When you print the records, keep every line identical to the original.

** Opening Data block **

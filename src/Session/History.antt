-- ===== src/Session/History.antt =====
-- What a session is bound to, from the history of the calls.
use mcp_oxide.Prelude.{
  ℕ, ◌+◌, String, true, false, not, none, some, List, [], ◌∷◌, keep, ◌==◌, eq_iff, ltb,
  Option-cases, ◌≡◌, ◌↔◌, ◌⊎◌, inl, inr, refl, ap, sym, ◌∙◌, arith, Bool-cases, ◌<◌, if◌then◌else◌,
}
use mcp_oxide.Core.Error.{ok}
use mcp_oxide.Core.Model.{SessionId, BackendId}
use mcp_oxide.Session.{Entry, Key, key_eq, Sessions, get, insert, resolve, bind, drop_session}

-- the calls that write, each at the instant that it reads
pub data Call : Type 0 where
  bound : (id : SessionId) (adapter : String) (backend : BackendId) (ttl now : ℕ) → Call
  dropped : (id : SessionId) → Call

-- the store after the calls, the last one first
abbrev pub run : List Call → Sessions
run [] = []
run (bound id adapter backend ttl now ∷ calls) = (bind id adapter backend ttl now (run calls)).1
run (dropped id ∷ calls) = (drop_session id (run calls)).1

-- the last call that concerns a session and an adapter bound them to this backend, until then
abbrev pub BoundTo : List Call → String → String → BackendId → ℕ → Type 0
BoundTo [] s a backend until = ⊥
BoundTo (bound id adapter b ttl now ∷ calls) s a backend until =
    ((id.session ≡ s) × (adapter ≡ a) × (b ≡ backend) × (now + ttl ≡ until))
    ⊎ ((¬ ((id.session ≡ s) × (adapter ≡ a))) × BoundTo calls s a backend until)
BoundTo (dropped id ∷ calls) s a backend until =
    (¬ (id.session ≡ s)) × BoundTo calls s a backend until

key_eq_iff : (k l : Key) → (key_eq k l ≡ true) ↔ ((k.0 ≡ l.0) × (k.1 ≡ l.1))
key_eq_iff (s, a) (t, b) = (
  λ h. ((eq_iff s t).0 (ground arith), (eq_iff a b).0 (ground arith)),
  λ (e, f). ground (arith, (eq_iff s t).1 e, (eq_iff a b).1 f),
)

get-keep_other :
    (key other : Key) (m : Sessions)
    → key_eq other key ≡ false
    → get key (keep (λ entry. not (key_eq entry.0 other)) m) ≡ get key m
unfolding get
get-keep_other key other [] h = refl
get-keep_other key other (entry ∷ rest) h =
    let ih = get-keep_other key other rest h in
    elim (Bool-cases (key_eq entry.0 other)) [
      | inr kept ↦ ground (arith, ih)
      | inl gone ↦ elim (Bool-cases (key_eq entry.0 key)) [
        | inr another ↦ ground (arith, ih)
        | inl here ↦
            let (a, b) = (key_eq_iff entry.0 other).0 gone in
            let (c, d) = (key_eq_iff entry.0 key).0 here in
            let same = (key_eq_iff other key).1 (sym a ∙ c, sym b ∙ d) in absurd (ground arith)
      ]
    ]

get-keep_session :
    (s a t : String) (m : Sessions)
    → get (s, a) (keep (λ entry. not (entry.0.0 == t)) m) ≡ (if t == s then none else get (s, a) m)
unfolding get
get-keep_session s a t [] = ground arith
get-keep_session s a t (entry ∷ rest) =
    let ih = get-keep_session s a t rest in
    ground (arith, ih, eq_iff entry.0.0 t, eq_iff entry.0.0 s, eq_iff t s)

get-insert :
    (key k : Key) (e : Entry) (m : Sessions)
    → get key (insert k e m) ≡ (if key_eq k key then some e else get key m)
unfolding get insert
get-insert key k e m = elim (Bool-cases (key_eq k key)) [
  | inl here ↦ rw here refl
  | inr other ↦ rw other (get-keep_other key k m other)
]

-- what the store holds for a key is what the history says
get-BoundTo :
    (calls : List Call) (s a : String) (e : Entry)
    → (get (s, a) (run calls) ≡ some e) ↔ BoundTo calls s a e.backend e.expires_at
unfolding bind drop_session get
get-BoundTo [] s a e = (λ h. ground arith, λ h. absurd h)
get-BoundTo (bound id adapter b ttl now ∷ calls) s a e =
    let new : Entry = record { backend = b; expires_at = now + ttl } in
    let step = get-insert (s, a) (id.session, adapter) new (run calls) in
    let ih = get-BoundTo calls s a e in
    let same = key_eq_iff (id.session, adapter) (s, a) in
    elim (Bool-cases (key_eq (id.session, adapter) (s, a))) [
      | inl here ↦ (
        λ h.
            let e' : new ≡ e = ground arith in
            inl (
              (same.0 here).0,
              (same.0 here).1,
              ap (λ (x : Entry). x.backend) e',
              ap (λ (x : Entry). x.expires_at) e',
            ),
        λ h. elim h [ inl (p, q, f, g) ↦ ground arith | inr (n, k) ↦ absurd (n (same.0 here)) ],
      )
      | inr other ↦ (
        λ h. inr (λ pq. absurd (ground (arith, same.1 pq)), ih.0 (ground arith)),
        λ h. elim h [
          | inl (p, q, f, g) ↦ absurd (ground (arith, same.1 (p, q)))
          | inr (n, k) ↦ ground (arith, ih.1 k)
        ],
      )
    ]
get-BoundTo (dropped id ∷ calls) s a e =
    let step = get-keep_session s a id.session (run calls) in
    let ih = get-BoundTo calls s a e in
    let same = eq_iff id.session s in
    elim (Bool-cases (id.session == s)) [
      | inl here ↦ (λ h. absurd (ground arith), λ (n, k). absurd (n (same.0 here)))
      | inr other ↦ (
        λ h. (λ p. absurd (ground (arith, same.1 p)), ih.0 (ground arith)),
        λ (n, k). ground (arith, ih.1 k),
      )
    ]

-- A session resolves to a backend for an adapter exactly when, of the calls made so far, the last
-- that concerns the session and the adapter bound them to that backend, and its time is not over:
-- a later `bind` replaces an earlier one, and a `drop_session` ends all of its session.
pub resolve_iff :
    (calls : List Call) (id : SessionId) (adapter : String) (now : ℕ) (backend : BackendId)
    → (resolve id adapter now (run calls) ≡ ok (some backend))
      ↔ ((until : ℕ) × BoundTo calls id.session adapter backend until × (now < until))
unfolding resolve
resolve_iff calls id adapter now backend =
    elim (Option-cases (get (id.session, adapter) (run calls))) [
      | inl missing ↦ (
        λ h. absurd (ground arith),
        λ (until, b, t). absurd (
            ground (
              arith,
              (get-BoundTo calls id.session adapter
                    (record { backend = backend; expires_at = until })).1
                  b,
            )),
      )
      | inr (e, found) ↦ (
        λ h.
            let is_alive : ltb now e.expires_at ≡ true = ground arith in
            let own : e.backend ≡ backend = ground arith in
            (
              e.expires_at,
              rw (← own) ((get-BoundTo calls id.session adapter e).0 found),
              ground arith,
            ),
        λ (until, b, t).
            let e' =
              (get-BoundTo calls id.session adapter
                  (record { backend = backend; expires_at = until })).1
                b in
            ground arith,
      )
    ]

** Closing Data block **

**Solution:**
filename src/Session/History.antt
-- ===== src/Session/History.antt =====
-- What a session is bound to, from the history of the calls.
use mcp_oxide.Prelude.{
  ℕ, ◌+◌, String, true, false, not, none, some, List, [], ◌∷◌, keep, ◌==◌, eq_iff, ltb,
  Option-cases, ◌≡◌, ◌↔◌, ◌⊎◌, inl, inr, refl, ap, sym, ◌∙◌, arith, Bool-cases, ◌<◌, if◌then◌else◌,
}
use mcp_oxide.Core.Error.{ok}
use mcp_oxide.Core.Model.{SessionId, BackendId}
use mcp_oxide.Session.{Entry, Key, key_eq, Sessions, get, insert, resolve, bind, drop_session}

-- the calls that write, each at the instant that it reads
pub data Call : Type 0 where
  bound : (id : SessionId) (adapter : String) (backend : BackendId) (ttl now : ℕ) → Call
  dropped : (id : SessionId) → Call

-- the store after the calls, the last one first
abbrev pub run : List Call → Sessions
run [] = []
run (bound id adapter backend ttl now ∷ calls) = (bind id adapter backend ttl now (run calls)).1
run (dropped id ∷ calls) = (drop_session id (run calls)).1

-- the last call that concerns a session and an adapter bound them to this backend, until then
abbrev pub BoundTo : List Call → String → String → BackendId → ℕ → Type 0
BoundTo [] s a backend until = ⊥
BoundTo (bound id adapter b ttl now ∷ calls) s a backend until =
    ((id.session ≡ s) × (adapter ≡ a) × (b ≡ backend) × (now + ttl ≡ until))
    ⊎ ((¬ ((id.session ≡ s) × (adapter ≡ a))) × BoundTo calls s a backend until)
BoundTo (dropped id ∷ calls) s a backend until =
    (¬ (id.session ≡ s)) × BoundTo calls s a backend until

key_eq_iff : (k l : Key) → (key_eq k l ≡ true) ↔ ((k.0 ≡ l.0) × (k.1 ≡ l.1))
key_eq_iff (s, a) (t, b) = (
  λ h. ((eq_iff s t).0 (ground arith), (eq_iff a b).0 (ground arith)),
  λ (e, f). ground (arith, (eq_iff s t).1 e, (eq_iff a b).1 f),
)

get-keep_other :
    (key other : Key) (m : Sessions)
    → key_eq other key ≡ false
    → get key (keep (λ entry. not (key_eq entry.0 other)) m) ≡ get key m
unfolding get
get-keep_other key other [] h = refl
get-keep_other key other (entry ∷ rest) h =
    let ih = get-keep_other key other rest h in
    elim (Bool-cases (key_eq entry.0 other)) [
      | inr kept ↦ ground (arith, ih)
      | inl gone ↦ elim (Bool-cases (key_eq entry.0 key)) [
        | inr another ↦ ground (arith, ih)
        | inl here ↦
            let (a, b) = (key_eq_iff entry.0 other).0 gone in
            let (c, d) = (key_eq_iff entry.0 key).0 here in
            let same = (key_eq_iff other key).1 (sym a ∙ c, sym b ∙ d) in absurd (ground arith)
      ]
    ]

get-keep_session :
    (s a t : String) (m : Sessions)
    → get (s, a) (keep (λ entry. not (entry.0.0 == t)) m) ≡ (if t == s then none else get (s, a) m)
unfolding get
get-keep_session s a t [] = ground arith
get-keep_session s a t (entry ∷ rest) =
    let ih = get-keep_session s a t rest in
    ground (arith, ih, eq_iff entry.0.0 t, eq_iff entry.0.0 s, eq_iff t s)

get-insert :
    (key k : Key) (e : Entry) (m : Sessions)
    → get key (insert k e m) ≡ (if key_eq k key then some e else get key m)
unfolding get insert
get-insert key k e m = elim (Bool-cases (key_eq k key)) [
  | inl here ↦ rw here refl
  | inr other ↦ rw other (get-keep_other key k m other)
]

-- what the store holds for a key is what the history says
get-BoundTo :
    (calls : List Call) (s a : String) (e : Entry)
    → (get (s, a) (run calls) ≡ some e) ↔ BoundTo calls s a e.backend e.expires_at
unfolding bind drop_session get
get-BoundTo [] s a e = (λ h. ground arith, λ h. absurd h)
get-BoundTo (bound id adapter b ttl now ∷ calls) s a e =
    let new : Entry = record { backend = b; expires_at = now + ttl } in
    let step = get-insert (s, a) (id.session, adapter) new (run calls) in
    let ih = get-BoundTo calls s a e in
    let same = key_eq_iff (id.session, adapter) (s, a) in
    elim (Bool-cases (key_eq (id.session, adapter) (s, a))) [
      | inl here ↦ (
        λ h.
            let e' : new ≡ e = ground arith in
            inl (
              (same.0 here).0,
              (same.0 here).1,
              ap (λ (x : Entry). x.backend) e',
              ap (λ (x : Entry). x.expires_at) e',
            ),
        λ h. elim h [ inl (p, q, f, g) ↦ ground arith | inr (n, k) ↦ absurd (n (same.0 here)) ],
      )
      | inr other ↦ (
        λ h. inr (λ pq. absurd (ground (arith, same.1 pq)), ih.0 (ground arith)),
        λ h. elim h [
          | inl (p, q, f, g) ↦ absurd (ground (arith, same.1 (p, q)))
          | inr (n, k) ↦ ground (arith, ih.1 k)
        ],
      )
    ]
get-BoundTo (dropped id ∷ calls) s a e =
    let step = get-keep_session s a id.session (run calls) in
    let ih = get-BoundTo calls s a e in
    let same = eq_iff id.session s in
    elim (Bool-cases (id.session == s)) [
      | inl here ↦ (λ h. absurd (ground arith), λ (n, k). absurd (n (same.0 here)))
      | inr other ↦ (
        λ h. (λ p. absurd (ground (arith, same.1 p)), ih.0 (ground arith)),
        λ (n, k). ground (arith, ih.1 k),
      )
    ]

-- A session resolves to a backend for an adapter exactly when, of the calls made so far, the last
-- that concerns the session and the adapter bound them to that backend, and its time is not over:
-- a later `bind` replaces an earlier one, and a `drop_session` ends all of its session.
pub resolve_iff :
    (calls : List Call) (id : SessionId) (adapter : String) (now : ℕ) (backend : BackendId)
    → (resolve id adapter now (run calls) ≡ ok (some backend))
      ↔ ((until : ℕ) × BoundTo calls id.session adapter backend until × (now < until))
unfolding resolve
resolve_iff calls id adapter now backend =
    elim (Option-cases (get (id.session, adapter) (run calls))) [
      | inl missing ↦ (
        λ h. absurd (ground arith),
        λ (until, b, t). absurd (
            ground (
              arith,
              (get-BoundTo calls id.session adapter
                    (record { backend = backend; expires_at = until })).1
                  b,
            )),
      )
      | inr (e, found) ↦ (
        λ h.
            let is_alive : ltb now e.expires_at ≡ true = ground arith in
            let own : e.backend ≡ backend = ground arith in
            (
              e.expires_at,
              rw (← own) ((get-BoundTo calls id.session adapter e).0 found),
              ground arith,
            ),
        λ (until, b, t).
            let e' =
              (get-BoundTo calls id.session adapter
                  (record { backend = backend; expires_at = until })).1
                b in
            ground arith,
      )
    ]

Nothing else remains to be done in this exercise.